* _Task statement_: Using the data below, return the stretch from the line that contains "files_unique = λ root path. omega" through the line that contains "(λ l h. elim", both included, exactly as it stands and nothing beyond it.

======

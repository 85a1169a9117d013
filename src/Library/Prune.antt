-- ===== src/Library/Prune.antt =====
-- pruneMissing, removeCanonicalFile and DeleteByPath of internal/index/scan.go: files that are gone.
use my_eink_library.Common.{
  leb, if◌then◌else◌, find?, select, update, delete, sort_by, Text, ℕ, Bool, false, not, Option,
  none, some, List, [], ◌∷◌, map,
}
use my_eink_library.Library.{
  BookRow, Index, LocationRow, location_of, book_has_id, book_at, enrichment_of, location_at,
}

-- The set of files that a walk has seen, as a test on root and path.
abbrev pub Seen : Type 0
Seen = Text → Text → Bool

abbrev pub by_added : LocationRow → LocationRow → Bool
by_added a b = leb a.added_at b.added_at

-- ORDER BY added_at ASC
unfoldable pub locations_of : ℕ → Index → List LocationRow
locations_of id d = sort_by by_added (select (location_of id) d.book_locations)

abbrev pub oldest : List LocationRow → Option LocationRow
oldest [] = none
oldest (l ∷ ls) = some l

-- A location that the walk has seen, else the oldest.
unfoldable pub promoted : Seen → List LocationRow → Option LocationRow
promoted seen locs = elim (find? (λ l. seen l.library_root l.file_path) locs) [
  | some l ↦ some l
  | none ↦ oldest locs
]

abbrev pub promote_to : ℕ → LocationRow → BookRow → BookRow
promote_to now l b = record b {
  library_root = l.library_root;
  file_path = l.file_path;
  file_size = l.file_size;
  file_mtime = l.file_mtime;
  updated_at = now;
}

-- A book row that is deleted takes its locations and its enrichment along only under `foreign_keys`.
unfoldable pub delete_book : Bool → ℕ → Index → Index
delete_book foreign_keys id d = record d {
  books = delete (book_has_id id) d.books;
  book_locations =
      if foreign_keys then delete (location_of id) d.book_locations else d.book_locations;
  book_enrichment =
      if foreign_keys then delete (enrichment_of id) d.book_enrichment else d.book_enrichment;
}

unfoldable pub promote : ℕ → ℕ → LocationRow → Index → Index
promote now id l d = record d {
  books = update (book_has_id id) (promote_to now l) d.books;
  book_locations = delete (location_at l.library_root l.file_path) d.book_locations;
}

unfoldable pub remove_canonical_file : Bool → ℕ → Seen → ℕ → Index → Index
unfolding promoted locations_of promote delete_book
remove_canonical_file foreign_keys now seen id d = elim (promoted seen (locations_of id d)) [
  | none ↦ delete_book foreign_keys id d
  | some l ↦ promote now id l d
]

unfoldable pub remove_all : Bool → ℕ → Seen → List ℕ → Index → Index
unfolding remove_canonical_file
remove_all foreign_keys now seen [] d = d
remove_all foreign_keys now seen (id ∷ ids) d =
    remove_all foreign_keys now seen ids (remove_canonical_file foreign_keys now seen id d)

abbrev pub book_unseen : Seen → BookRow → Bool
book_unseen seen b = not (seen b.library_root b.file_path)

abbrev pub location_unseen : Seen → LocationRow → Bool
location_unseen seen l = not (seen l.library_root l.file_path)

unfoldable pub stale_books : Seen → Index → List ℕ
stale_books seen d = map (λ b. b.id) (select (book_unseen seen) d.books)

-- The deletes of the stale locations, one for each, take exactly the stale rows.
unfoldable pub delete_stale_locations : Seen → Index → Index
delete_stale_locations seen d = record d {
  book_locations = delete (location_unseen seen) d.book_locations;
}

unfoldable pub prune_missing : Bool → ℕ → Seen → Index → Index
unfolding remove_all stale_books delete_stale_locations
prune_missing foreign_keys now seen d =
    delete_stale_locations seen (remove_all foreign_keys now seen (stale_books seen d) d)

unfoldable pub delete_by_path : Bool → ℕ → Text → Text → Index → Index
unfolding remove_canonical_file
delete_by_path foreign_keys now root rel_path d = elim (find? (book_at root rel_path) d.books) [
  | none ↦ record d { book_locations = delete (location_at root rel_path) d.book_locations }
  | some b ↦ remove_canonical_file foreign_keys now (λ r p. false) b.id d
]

======

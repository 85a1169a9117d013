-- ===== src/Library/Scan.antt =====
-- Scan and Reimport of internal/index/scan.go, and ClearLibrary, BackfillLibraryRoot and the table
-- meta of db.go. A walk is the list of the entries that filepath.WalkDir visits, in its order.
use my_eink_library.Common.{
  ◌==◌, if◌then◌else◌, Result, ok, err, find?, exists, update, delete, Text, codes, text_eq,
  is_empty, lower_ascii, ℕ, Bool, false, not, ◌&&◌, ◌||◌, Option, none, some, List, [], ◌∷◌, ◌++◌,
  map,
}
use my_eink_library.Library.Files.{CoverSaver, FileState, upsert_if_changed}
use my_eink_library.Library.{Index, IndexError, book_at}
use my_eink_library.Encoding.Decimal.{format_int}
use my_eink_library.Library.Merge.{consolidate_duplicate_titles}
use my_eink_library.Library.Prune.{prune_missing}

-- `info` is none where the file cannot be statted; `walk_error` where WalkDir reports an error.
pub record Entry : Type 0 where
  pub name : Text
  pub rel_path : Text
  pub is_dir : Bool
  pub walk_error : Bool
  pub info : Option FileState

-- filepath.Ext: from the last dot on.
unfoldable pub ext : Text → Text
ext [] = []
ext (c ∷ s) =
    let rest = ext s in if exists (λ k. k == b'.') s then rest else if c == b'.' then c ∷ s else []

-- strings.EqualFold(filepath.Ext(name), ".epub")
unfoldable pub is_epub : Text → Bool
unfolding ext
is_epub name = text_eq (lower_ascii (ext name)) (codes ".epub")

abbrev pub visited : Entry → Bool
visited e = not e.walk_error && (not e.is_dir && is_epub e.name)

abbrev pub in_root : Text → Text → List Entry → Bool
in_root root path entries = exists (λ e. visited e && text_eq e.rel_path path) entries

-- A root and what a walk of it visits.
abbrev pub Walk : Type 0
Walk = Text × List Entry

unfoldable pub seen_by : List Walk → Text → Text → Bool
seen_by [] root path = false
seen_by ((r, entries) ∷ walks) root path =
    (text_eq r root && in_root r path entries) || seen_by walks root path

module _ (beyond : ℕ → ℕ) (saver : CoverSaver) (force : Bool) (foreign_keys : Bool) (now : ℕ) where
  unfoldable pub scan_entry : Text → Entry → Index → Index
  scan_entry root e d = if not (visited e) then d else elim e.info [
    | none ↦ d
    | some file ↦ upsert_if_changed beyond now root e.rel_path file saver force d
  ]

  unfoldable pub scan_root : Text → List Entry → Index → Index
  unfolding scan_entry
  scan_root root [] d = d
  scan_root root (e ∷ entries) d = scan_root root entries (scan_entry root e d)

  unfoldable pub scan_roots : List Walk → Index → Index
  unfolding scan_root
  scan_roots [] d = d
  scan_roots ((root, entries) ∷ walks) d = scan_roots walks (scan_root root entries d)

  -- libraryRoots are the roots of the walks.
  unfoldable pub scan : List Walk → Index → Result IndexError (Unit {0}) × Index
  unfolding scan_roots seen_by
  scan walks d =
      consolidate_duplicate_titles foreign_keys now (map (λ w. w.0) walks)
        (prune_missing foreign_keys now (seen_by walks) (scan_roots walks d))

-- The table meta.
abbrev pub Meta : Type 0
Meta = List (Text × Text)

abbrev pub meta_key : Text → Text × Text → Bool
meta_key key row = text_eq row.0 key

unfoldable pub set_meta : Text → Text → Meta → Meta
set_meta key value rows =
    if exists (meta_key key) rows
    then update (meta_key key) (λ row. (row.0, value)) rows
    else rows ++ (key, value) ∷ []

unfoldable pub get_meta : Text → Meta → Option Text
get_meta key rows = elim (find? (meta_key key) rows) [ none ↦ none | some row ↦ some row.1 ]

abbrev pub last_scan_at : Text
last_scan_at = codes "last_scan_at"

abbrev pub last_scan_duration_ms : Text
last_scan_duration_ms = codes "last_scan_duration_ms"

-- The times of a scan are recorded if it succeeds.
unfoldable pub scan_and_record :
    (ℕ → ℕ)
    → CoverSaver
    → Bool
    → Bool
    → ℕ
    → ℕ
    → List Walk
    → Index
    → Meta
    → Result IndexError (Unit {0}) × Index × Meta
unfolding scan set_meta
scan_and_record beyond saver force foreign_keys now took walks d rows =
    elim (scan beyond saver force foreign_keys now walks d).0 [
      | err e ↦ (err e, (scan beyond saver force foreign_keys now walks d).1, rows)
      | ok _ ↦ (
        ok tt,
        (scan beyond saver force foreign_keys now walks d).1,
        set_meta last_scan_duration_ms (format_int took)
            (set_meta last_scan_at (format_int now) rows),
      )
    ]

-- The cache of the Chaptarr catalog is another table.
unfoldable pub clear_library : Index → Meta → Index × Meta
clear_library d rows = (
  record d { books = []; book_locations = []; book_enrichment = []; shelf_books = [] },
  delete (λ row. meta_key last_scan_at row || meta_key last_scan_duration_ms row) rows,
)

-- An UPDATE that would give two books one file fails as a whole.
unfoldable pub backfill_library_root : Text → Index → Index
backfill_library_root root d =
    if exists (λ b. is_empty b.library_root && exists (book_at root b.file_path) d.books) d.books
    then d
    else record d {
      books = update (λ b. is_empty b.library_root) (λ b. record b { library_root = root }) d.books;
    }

======

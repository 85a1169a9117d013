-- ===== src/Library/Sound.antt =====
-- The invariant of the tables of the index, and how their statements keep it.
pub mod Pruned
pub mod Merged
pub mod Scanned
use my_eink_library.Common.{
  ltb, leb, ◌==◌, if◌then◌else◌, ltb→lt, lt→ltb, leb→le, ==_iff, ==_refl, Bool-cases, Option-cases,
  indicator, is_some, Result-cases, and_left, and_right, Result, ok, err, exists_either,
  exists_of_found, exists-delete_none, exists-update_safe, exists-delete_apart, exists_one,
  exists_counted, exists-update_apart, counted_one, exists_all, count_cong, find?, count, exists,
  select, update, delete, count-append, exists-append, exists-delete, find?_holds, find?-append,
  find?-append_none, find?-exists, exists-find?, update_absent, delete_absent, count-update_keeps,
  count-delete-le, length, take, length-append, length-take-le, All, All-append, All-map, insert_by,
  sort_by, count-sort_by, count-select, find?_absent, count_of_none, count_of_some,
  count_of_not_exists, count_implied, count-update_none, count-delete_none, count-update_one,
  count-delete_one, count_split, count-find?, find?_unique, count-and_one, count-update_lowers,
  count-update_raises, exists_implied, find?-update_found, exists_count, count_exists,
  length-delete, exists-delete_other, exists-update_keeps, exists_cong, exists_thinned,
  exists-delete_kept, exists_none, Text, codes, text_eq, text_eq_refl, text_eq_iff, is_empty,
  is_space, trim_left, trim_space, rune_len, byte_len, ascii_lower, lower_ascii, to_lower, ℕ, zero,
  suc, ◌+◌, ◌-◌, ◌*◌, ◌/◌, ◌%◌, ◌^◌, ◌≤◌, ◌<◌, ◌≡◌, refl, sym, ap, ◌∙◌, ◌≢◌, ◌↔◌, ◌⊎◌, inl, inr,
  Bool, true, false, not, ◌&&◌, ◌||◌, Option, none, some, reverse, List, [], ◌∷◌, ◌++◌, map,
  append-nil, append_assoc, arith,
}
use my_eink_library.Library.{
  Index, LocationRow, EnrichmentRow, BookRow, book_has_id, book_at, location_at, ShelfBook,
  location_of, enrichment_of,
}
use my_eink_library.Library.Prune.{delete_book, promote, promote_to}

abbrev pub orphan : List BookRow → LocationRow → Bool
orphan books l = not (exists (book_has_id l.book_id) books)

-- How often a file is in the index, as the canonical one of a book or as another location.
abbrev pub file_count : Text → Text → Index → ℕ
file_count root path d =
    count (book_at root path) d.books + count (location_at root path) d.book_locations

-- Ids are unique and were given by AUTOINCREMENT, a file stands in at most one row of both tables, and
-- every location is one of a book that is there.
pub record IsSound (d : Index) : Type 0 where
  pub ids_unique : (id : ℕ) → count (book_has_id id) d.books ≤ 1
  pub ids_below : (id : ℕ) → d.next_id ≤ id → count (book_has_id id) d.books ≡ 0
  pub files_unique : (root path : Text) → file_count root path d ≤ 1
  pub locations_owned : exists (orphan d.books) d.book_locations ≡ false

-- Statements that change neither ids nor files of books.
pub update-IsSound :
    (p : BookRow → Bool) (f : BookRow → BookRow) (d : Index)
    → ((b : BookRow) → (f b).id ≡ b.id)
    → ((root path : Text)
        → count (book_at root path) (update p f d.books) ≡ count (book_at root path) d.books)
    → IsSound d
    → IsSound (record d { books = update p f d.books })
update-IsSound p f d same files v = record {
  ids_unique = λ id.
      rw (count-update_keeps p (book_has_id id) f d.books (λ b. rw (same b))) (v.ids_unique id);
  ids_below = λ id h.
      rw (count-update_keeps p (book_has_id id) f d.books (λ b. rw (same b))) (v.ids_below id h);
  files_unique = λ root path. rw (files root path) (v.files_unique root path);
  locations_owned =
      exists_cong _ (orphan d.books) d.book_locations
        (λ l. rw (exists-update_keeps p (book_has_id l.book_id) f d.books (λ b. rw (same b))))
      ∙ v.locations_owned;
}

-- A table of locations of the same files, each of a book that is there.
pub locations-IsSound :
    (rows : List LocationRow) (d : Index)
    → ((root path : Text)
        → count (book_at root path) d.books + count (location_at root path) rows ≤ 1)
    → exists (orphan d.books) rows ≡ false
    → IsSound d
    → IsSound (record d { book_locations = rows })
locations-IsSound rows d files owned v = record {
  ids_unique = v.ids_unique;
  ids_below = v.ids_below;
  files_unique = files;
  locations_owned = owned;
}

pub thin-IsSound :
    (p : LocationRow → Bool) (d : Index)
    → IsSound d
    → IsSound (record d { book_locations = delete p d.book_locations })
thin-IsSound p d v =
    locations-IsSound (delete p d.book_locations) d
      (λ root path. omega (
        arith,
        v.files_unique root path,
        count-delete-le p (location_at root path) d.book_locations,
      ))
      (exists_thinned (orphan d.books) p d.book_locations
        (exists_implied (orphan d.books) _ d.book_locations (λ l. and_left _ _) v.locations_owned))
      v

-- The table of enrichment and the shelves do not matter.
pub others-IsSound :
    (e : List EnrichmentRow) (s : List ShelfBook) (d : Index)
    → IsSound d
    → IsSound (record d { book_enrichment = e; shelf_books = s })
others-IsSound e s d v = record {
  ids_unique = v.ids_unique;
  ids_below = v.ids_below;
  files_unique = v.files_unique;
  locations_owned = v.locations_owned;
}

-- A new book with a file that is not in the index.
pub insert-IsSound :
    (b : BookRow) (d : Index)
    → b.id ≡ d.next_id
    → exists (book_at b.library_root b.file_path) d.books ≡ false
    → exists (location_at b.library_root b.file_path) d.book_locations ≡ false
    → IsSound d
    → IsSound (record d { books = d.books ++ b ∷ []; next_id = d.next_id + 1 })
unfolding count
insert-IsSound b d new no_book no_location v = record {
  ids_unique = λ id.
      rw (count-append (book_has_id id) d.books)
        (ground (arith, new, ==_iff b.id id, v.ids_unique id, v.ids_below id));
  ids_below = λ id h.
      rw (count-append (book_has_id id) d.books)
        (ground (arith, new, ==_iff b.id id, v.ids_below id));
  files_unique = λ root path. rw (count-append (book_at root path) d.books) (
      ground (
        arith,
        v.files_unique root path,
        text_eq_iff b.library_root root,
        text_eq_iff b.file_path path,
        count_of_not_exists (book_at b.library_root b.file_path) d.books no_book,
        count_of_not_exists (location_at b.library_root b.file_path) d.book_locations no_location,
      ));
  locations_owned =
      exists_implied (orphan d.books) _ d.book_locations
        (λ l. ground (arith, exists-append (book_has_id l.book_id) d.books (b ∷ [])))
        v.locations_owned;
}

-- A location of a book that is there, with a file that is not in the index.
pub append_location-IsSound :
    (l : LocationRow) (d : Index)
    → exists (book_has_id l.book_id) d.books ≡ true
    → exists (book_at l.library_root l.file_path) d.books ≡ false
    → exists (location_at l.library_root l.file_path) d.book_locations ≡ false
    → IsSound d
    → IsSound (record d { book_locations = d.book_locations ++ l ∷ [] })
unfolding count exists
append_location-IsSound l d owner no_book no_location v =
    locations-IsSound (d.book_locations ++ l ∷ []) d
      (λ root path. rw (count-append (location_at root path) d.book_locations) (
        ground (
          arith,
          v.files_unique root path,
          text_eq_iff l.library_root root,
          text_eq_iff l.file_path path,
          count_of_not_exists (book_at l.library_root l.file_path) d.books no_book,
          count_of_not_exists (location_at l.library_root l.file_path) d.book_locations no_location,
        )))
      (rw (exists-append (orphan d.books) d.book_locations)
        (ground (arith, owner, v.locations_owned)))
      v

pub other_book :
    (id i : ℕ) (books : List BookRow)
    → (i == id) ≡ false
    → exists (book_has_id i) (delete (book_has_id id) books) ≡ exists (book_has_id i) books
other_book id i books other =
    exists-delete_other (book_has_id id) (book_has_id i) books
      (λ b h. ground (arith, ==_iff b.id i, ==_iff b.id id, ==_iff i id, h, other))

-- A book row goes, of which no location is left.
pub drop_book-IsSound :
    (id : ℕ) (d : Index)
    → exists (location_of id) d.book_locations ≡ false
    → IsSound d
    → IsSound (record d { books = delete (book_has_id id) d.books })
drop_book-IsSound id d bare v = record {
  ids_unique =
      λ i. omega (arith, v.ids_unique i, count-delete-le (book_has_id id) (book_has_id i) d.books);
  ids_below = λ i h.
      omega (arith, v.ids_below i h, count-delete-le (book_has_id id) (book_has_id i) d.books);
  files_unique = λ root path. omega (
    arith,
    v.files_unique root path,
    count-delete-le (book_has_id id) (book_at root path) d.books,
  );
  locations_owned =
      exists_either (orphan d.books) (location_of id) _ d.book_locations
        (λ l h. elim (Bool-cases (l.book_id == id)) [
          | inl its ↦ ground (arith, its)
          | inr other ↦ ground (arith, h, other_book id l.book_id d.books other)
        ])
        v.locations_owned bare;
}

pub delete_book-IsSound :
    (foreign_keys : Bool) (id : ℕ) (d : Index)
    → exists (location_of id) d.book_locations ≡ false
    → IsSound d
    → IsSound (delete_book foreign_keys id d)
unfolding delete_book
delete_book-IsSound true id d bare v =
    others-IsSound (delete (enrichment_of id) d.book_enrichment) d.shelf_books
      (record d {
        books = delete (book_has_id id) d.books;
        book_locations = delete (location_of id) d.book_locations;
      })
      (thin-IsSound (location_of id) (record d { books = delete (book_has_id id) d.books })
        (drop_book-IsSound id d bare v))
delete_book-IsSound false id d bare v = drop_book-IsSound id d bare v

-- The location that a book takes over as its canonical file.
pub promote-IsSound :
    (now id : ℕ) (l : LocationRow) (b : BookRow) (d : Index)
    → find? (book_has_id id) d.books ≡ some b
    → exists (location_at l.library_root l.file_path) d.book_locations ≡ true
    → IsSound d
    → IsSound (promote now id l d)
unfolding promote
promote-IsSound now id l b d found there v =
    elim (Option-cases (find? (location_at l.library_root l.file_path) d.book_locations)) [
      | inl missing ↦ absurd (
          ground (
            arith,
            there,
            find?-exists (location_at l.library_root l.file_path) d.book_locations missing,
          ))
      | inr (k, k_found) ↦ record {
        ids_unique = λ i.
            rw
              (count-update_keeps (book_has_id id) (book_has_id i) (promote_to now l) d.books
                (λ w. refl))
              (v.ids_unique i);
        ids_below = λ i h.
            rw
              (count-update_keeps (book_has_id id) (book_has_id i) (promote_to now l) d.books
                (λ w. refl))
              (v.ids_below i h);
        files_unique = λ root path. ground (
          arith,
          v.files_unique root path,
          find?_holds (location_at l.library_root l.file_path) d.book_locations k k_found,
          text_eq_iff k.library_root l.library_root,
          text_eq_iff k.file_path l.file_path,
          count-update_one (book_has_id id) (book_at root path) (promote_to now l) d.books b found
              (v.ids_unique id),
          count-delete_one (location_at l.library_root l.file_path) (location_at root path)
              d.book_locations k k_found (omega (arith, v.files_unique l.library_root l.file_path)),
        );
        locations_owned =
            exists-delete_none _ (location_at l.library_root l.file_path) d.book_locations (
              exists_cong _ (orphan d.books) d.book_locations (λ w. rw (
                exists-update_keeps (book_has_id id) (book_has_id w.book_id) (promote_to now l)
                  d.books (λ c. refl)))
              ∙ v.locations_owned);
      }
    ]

======

* _Task answer_:
  files_unique = λ root path. omega (
    arith,
    v.files_unique root path,
    count-delete-le (book_has_id id) (book_at root path) d.books,
  );
  locations_owned =
      exists_either (orphan d.books) (location_of id) _ d.book_locations
        (λ l h. elim (Bool-cases (l.book_id == id)) [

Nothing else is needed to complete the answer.